Maybe something will be shown there.

sinaowolabi · March 11, 2022, 7:08am

peer-1-swanctl.conf.txt (2.3 KB)
Thanks!
Charon.log is really large so I’ll upload it a bit later, but here’s the swanctl.conf from peer-1.

Viacheslav · March 12, 2022, 4:03pm

As I understand it is impossible to reset the peer if connection with this peer was not established.
And it is possible if 1 or both phases a established

sinaowolabi · March 13, 2022, 2:06am

Ok but what am I doing wrong here? Is anything wrong with the ipsec configuration?

sinaowolabi · March 13, 2022, 2:24am

Charon logs are here:

It was too big to upload (315MB)

sinaowolabi · March 14, 2022, 7:27am

And Ive updated vyos to the latest, on both vms, (1.4-rolling-202203130618), and here are charon logs, outage-peer1.txt (76.7 KB)
outage-peer2.txt (115.8 KB)
from the outage experienced this morning and my attempts to manually reset the tunnel (using restart vpn and reset vpn ipsec-peer <peer ip> commands).

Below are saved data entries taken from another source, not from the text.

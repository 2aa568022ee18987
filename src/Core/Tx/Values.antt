-- ===== src/Core/Tx/Values.antt =====
-- The sums of a transaction of pkg/core/transaction.go against exact sums.
use basiccoin.Base.{
  ℕ, ◌+◌, ◌%◌, ◌^◌, ◌<◌, ◌≤◌, ◌≡◌, ◌↔◌, true, List, [], ◌∷◌, arith, ltb→lt, lt→ltb, ◌∙◌,
}
use basiccoin.Base.Word.{add64}
use basiccoin.Core.Tx.{
  TxIn, TxOut, Tx, add_inputs, add_outputs, inputs_value, outputs_value, has_surplus,
}

-- The value of the inputs and of the outputs in unbounded arithmetic.
abbrev pub exact_inputs : List TxIn → ℕ
exact_inputs [] = 0
exact_inputs (txi ∷ rest) = txi.utxo.value + exact_inputs rest

abbrev pub exact_outputs : List TxOut → ℕ
exact_outputs [] = 0
exact_outputs (txo ∷ rest) = txo.value + exact_outputs rest

add_inputs-mod :
    (txis : List TxIn) (total : ℕ)
    → total < 2 ^ 64
    → add_inputs total txis ≡ (total + exact_inputs txis) % 2 ^ 64
unfolding add_inputs
add_inputs-mod [] total h = omega arith
add_inputs-mod (txi ∷ rest) total h =
    add_inputs-mod rest (add64 total txi.utxo.value) (omega arith) ∙ omega arith

add_outputs-mod :
    (txos : List TxOut) (total : ℕ)
    → total < 2 ^ 64
    → add_outputs total txos ≡ (total + exact_outputs txos) % 2 ^ 64
unfolding add_outputs
add_outputs-mod [] total h = omega arith
add_outputs-mod (txo ∷ rest) total h =
    add_outputs-mod rest (add64 total txo.value) (omega arith) ∙ omega arith

pub inputs_value-mod : (tx : Tx) → inputs_value tx ≡ exact_inputs tx.inputs % 2 ^ 64
unfolding inputs_value
inputs_value-mod tx = add_inputs-mod tx.inputs 0 (omega arith) ∙ omega arith

pub outputs_value-mod : (tx : Tx) → outputs_value tx ≡ exact_outputs tx.outputs % 2 ^ 64
unfolding outputs_value
outputs_value-mod tx = add_outputs-mod tx.outputs 0 (omega arith) ∙ omega arith

-- `HasSurplus` holds exactly of the transactions whose inputs are worth more than their outputs,
-- when neither sum reaches 2^64.
has_surplus_exact :
    (tx : Tx)
    → exact_inputs tx.inputs < 2 ^ 64
    → exact_outputs tx.outputs < 2 ^ 64
    → (has_surplus tx ≡ true) ↔ (exact_outputs tx.outputs < exact_inputs tx.inputs)
unfolding has_surplus
has_surplus_exact tx hi ho = (
  λ e. omega (arith, ltb→lt _ _ e, inputs_value-mod tx, outputs_value-mod tx),
  λ less. lt→ltb _ _ (omega (arith, inputs_value-mod tx, outputs_value-mod tx)),
)

-- `HasSurplus` holds of a transaction whose outputs are worth more than its inputs, when the
-- inputs stay below 2^64 and the outputs reach 2^64 and exceed it by less than the inputs' value.
pub has_surplus_wraps :
    (tx : Tx)
    → exact_inputs tx.inputs < 2 ^ 64
    → 2 ^ 64 ≤ exact_outputs tx.outputs
    → exact_outputs tx.outputs < 2 ^ 64 + exact_inputs tx.inputs
    → (has_surplus tx ≡ true) × (exact_inputs tx.inputs < exact_outputs tx.outputs)
unfolding has_surplus
has_surplus_wraps tx small over near =
    (lt→ltb _ _ (omega (arith, inputs_value-mod tx, outputs_value-mod tx)), omega arith)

Also the VPN problems seem to occur daily around this time, and also during the afternoon, so about twice each day.

I would really appreciate any insights.

e.khudiyev · March 14, 2022, 1:28pm

@sinaowolabi try to use aes256gcm96 encryption with dh-group 19 or change dh-group to 20 with aes256gcm128 encryption algo. Here you could find compatibility table in strongswan documentation: IKEv2 Cipher Suites :: strongSwan Documentation

sinaowolabi · March 14, 2022, 2:50pm

Ok, I have changed aes256gcm128 to aes256gcm96 and have reset the tunnel.
Hoping this will help.

sinaowolabi · March 15, 2022, 8:21am

VPN died again, attaching sanitized logs from yesterday till this morning.
Hopefully some new insights can be obtained?

outage-peer1.txt (280.0 KB)
outage-peer2.txt (239.6 KB)

sinaowolabi · March 15, 2022, 8:52am

Oh just realized I flubbed the reconfiguration suggested (applied to esp and not to ike).
Regardless, I would appreciate any other tips.

e.khudiyev · March 15, 2022, 8:52am

@sinaowolabi okay seems strange, maybe checking full logs may show something useful in this case. Also, try to specify one side as initiator and the other one as a responder under the vpn configuration. Mybe there are any connectivity issues between devices or something platform related? Try to check your setup with different rolling releases, that might also help.